**PROBLEM DETAILS:** Determine how many lines in the entries below include "popped". The reply should be that number and nothing else.

##### DATA FOR ANALYSIS

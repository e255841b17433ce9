-- ===== src/Network/Queue/Tests.antt =====
-- `LockedQueue` and the capacity of `LockFreeQueue` (src/network/queue.hpp) at concrete inputs.
use rproxy.Base.{ℕ, ◌≡◌, refl, List, [], none, some, ◌∷◌, ok}
use rproxy.Network.Queue.{
  LockedQueue, push, pop, round_loop, round_up_to_power_of_two, LockFreeQueue, move_queue,
}
use rproxy.Network.Queue.Order.{Op, pushes, pops, run}

abbrev one_waits : LockedQueue ℕ
one_waits = record { queue = 4 ∷ []; size = 1 }

abbrev calls : List (Op ℕ)
calls = pops ∷ pops ∷ pushes 5 ∷ pushes 6 ∷ pops ∷ []

popped : (run calls one_waits).0 ≡ 4 ∷ 5 ∷ []
unfolding run pop push
popped = refl

abbrev held : LockFreeQueue ℕ
held = record { capacity = 4; size = 1; head = some 0; tail = some 0; buffer = 9 ∷ [] }

rounded : round_up_to_power_of_two 1000 ≡ ok 1024
unfolding round_up_to_power_of_two round_loop
rounded = refl

-- A queue that is moved loses its place, and what it is moved from keeps it.
moved : move_queue held ≡ (
  record held { head = none; tail = none },
  record held { size = 0; capacity = 0; buffer = [] },
)
unfolding move_queue
moved = refl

##########

**OUTPUT OF THE TASK:** 2